WHAT IS REQUIRED
Take the material below and reproduce, word for word, only the lines from the line with "on_provider g entry_id now raw signature (ok" through the line with "unfoldable pub process_webhook".

AVAILABLE DATA

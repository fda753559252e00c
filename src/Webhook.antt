-- ===== src/Webhook.antt =====
-- A provider's webhook (internal/service/payment_webhook_service.go): it is only a trigger, and the
-- provider's own status decides. The provider and its answers are parameters. The row of
-- `webhook_events` and the merchant's notification are part of the outcome; a failed write of that
-- row is only logged, and takes its place in the schedule of statements.
pub mod Named
pub mod Confirmed
pub mod Handler
use pg_aggregator_back.Common.{
  ℕ, String, Bool, true, false, not, ◌||◌, Option, none, some, ℤ, if◌then◌else◌,
}
use pg_aggregator_back.Errors.{
  Error, Result, ok, err, webhook_validation_failed, test_webhook_event, invalid_provider_reference,
  provider_mismatch, webhook_ignored, duplicate_webhook, payment_already_terminal, amount_mismatch,
  webhook_amount_mismatch, provider_verification_failed,
}
use pg_aggregator_back.Payment.{
  Status, paid, failed, cancelled, refunded, expired, Payment, status_eq,
}
use pg_aggregator_back.Settlement.{
  NormalizedPaymentStatus, verify_provider_payment, merchant_net_for,
}
use pg_aggregator_back.Store.{Conn}
use pg_aggregator_back.Store.Action.{Sql, pure, ◌>>=◌, ◌>>◌, caught, tick}
use pg_aggregator_back.Repository.Payments.{get_by_provider_reference, mark_paid}

pub record ProviderWebhookPayload : Type 0 where
  pub provider_reference : String
  pub status : Status
  pub paid_at : Option ℕ
  pub amount : Option ℤ

-- What is called of a provider: GetName, ValidateWebhook, ParseWebhook, GetPaymentStatus.
pub record WebhookProvider : Type 0 where
  pub name : String
  pub validate_webhook : String → String → Bool
  pub parse_webhook : String → Result ProviderWebhookPayload
  pub get_payment_status : String → Result (Option NormalizedPaymentStatus)

-- `getProviderByName` and strings.EqualFold.
pub record Registry : Type 0 where
  pub provider_by_name : String → Result WebhookProvider
  pub equal_fold : String → String → Bool

pub data EventType : Type 0 where
  rejected_event ignored_event paid_late : EventType
  status_event : Status → EventType

pub data EventStatus : Type 0 where
  rejected_status ignored_status verification_failed : EventStatus
  reported : Status → EventStatus

-- How the row of `webhook_events` is finalized.
pub record EventEnd : Type 0 where
  pub payment_id : Option ℕ
  pub provider_reference : String
  pub event_type : EventType
  pub status : EventStatus
  pub processed : Bool
  pub cause : Option Error

-- The merchant is told that a payment is paid, late or not.
pub record Notice : Type 0 where
  pub payment : Payment
  pub late : Bool

-- What `ProcessWebhook` returns, and what it has written and sent.
pub record WebhookEnd : Type 0 where
  pub answer : Option Error
  pub event : EventEnd
  pub notice : Option Notice

-- A write to `webhook_events`.
unfoldable pub write_event : Sql (Unit {0})
write_event c = (ok tt, (tick c).1)

-- `failWebhookEvent`, and the answer.
abbrev pub fail_webhook :
    Option ℕ → String → EventType → EventStatus → Error → Option Error → Sql WebhookEnd
fail_webhook id ref kind status cause answer =
    write_event
    >> pure (record {
      answer = answer;
      event = record {
        payment_id = id;
        provider_reference = ref;
        event_type = kind;
        status = status;
        processed = false;
        cause = some cause;
      };
      notice = none;
    })

-- `completeWebhookEvent`, and the notification.
abbrev pub complete_webhook : ProviderWebhookPayload → Payment → Bool → Sql WebhookEnd
complete_webhook w p late =
    write_event
    >> pure (record {
      answer = none;
      event = record {
        payment_id = some p.id;
        provider_reference = w.provider_reference;
        event_type = (if late then paid_late else status_event w.status);
        status = reported paid;
        processed = true;
        cause = none;
      };
      notice = some (record { payment = p; late = late });
    })

abbrev pub paid_time : Option ℕ → ℕ → Option ℕ
paid_time none now = some now
paid_time (some t) now = some t

abbrev pub settled_payment : Payment → Option ℕ → ℤ → Payment
settled_payment p paid_at net = record p {
  status = paid;
  paid_at = paid_at;
  merchant_net_amount = net;
}

-- Losing the race against another settlement is a duplicate.
abbrev pub settle_error : Error → Error
settle_error payment_already_terminal = duplicate_webhook
settle_error e = e

-- The answer of MarkPaid.
abbrev pub after_mark_paid :
    ProviderWebhookPayload → Payment → Option ℕ → ℤ → Result Status → Sql WebhookEnd
after_mark_paid w p paid_at net (err e) =
    fail_webhook (some p.id) w.provider_reference (status_event w.status) (reported w.status)
      (settle_error e) (some (settle_error e))
after_mark_paid w p paid_at net (ok previous) =
    complete_webhook w (settled_payment p paid_at net) (status_eq previous expired)

-- The settlement, once it is confirmed.
unfoldable pub settle_confirmed :
    ℕ → ℕ → ProviderWebhookPayload → Payment → Result ℤ → Sql WebhookEnd
settle_confirmed entry_id now w p (err e) =
    fail_webhook (some p.id) w.provider_reference (status_event w.status) (reported w.status) e
      (some e)
settle_confirmed entry_id now w p (ok net) =
    caught (mark_paid entry_id p.id (paid_time w.paid_at now) net now)
    >>= after_mark_paid w p (paid_time w.paid_at now) net

abbrev pub is_mismatch : Error → Bool
is_mismatch amount_mismatch = true
is_mismatch webhook_amount_mismatch = true
is_mismatch _ = false

abbrev pub verify_error :
    Payment → ProviderWebhookPayload → Result (Option NormalizedPaymentStatus) → Option Error
verify_error p w (err e) = some e
verify_error p w (ok s) = verify_provider_payment p s w.amount

unfoldable pub confirm : ℕ → ℕ → ProviderWebhookPayload → Payment → Option Error → Sql WebhookEnd
confirm entry_id now w p none = settle_confirmed entry_id now w p (merchant_net_for p)
confirm entry_id now w p (some e) =
    if is_mismatch e
    then fail_webhook (some p.id) w.provider_reference (status_event w.status) rejected_status e
        (some e)
    else fail_webhook (some p.id) w.provider_reference (status_event w.status) verification_failed e
        (some provider_verification_failed)

-- The payment that the webhook names, or the error of the lookup.
unfoldable pub on_payment :
    Registry → ℕ → ℕ → WebhookProvider → ProviderWebhookPayload → Result Payment → Sql WebhookEnd
on_payment g entry_id now pr w (err e) =
    fail_webhook none w.provider_reference (status_event w.status) (reported w.status) e (some e)
on_payment g entry_id now pr w (ok p) =
    if not (g.equal_fold p.provider_name pr.name)
    then fail_webhook (some p.id) w.provider_reference (status_event w.status) rejected_status
        provider_mismatch (some provider_mismatch)
    else if not (status_eq w.status paid)
    then fail_webhook (some p.id) w.provider_reference (status_event w.status) (reported w.status)
        webhook_ignored (some webhook_ignored)
    else if status_eq p.status paid
    then fail_webhook (some p.id) w.provider_reference (status_event w.status) (reported w.status)
        duplicate_webhook (some duplicate_webhook)
    else if status_eq p.status failed || status_eq p.status cancelled || status_eq p.status refunded
    then fail_webhook (some p.id) w.provider_reference (status_event w.status) (reported w.status)
        payment_already_terminal (some payment_already_terminal)
    else confirm entry_id now w p (verify_error p w (pr.get_payment_status w.provider_reference))

abbrev pub is_test : Error → Bool
is_test test_webhook_event = true
is_test _ = false

unfoldable pub on_payload :
    Registry → ℕ → ℕ → WebhookProvider → Result ProviderWebhookPayload → Sql WebhookEnd
on_payload g entry_id now pr (err e) =
    if is_test e
    then fail_webhook none "" ignored_event ignored_status test_webhook_event none
    else fail_webhook none "" rejected_event rejected_status invalid_provider_reference
        (some invalid_provider_reference)
on_payload g entry_id now pr (ok w) =
    caught (get_by_provider_reference w.provider_reference) >>= on_payment g entry_id now pr w

unfoldable pub on_provider :
    Registry → ℕ → ℕ → String → String → Result WebhookProvider → Sql WebhookEnd
on_provider g entry_id now raw signature (err e) =
    fail_webhook none "" rejected_event rejected_status e (some e)
on_provider g entry_id now raw signature (ok pr) =
    if not (pr.validate_webhook raw signature)
    then fail_webhook none "" rejected_event rejected_status webhook_validation_failed
        (some webhook_validation_failed)
    else on_payload g entry_id now pr (pr.parse_webhook raw)

-- `ProcessWebhook`
unfoldable pub process_webhook : Registry → ℕ → ℕ → String → String → String → Sql WebhookEnd
process_webhook g entry_id now name raw signature = do
  write_event
  on_provider g entry_id now raw signature (g.provider_by_name name)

EXERCISE SOLUTION
on_provider g entry_id now raw signature (ok pr) =
    if not (pr.validate_webhook raw signature)
    then fail_webhook none "" rejected_event rejected_status webhook_validation_failed
        (some webhook_validation_failed)
    else on_payload g entry_id now pr (pr.parse_webhook raw)

-- `ProcessWebhook`
unfoldable pub process_webhook : Registry → ℕ → ℕ → String → String → String → Sql WebhookEnd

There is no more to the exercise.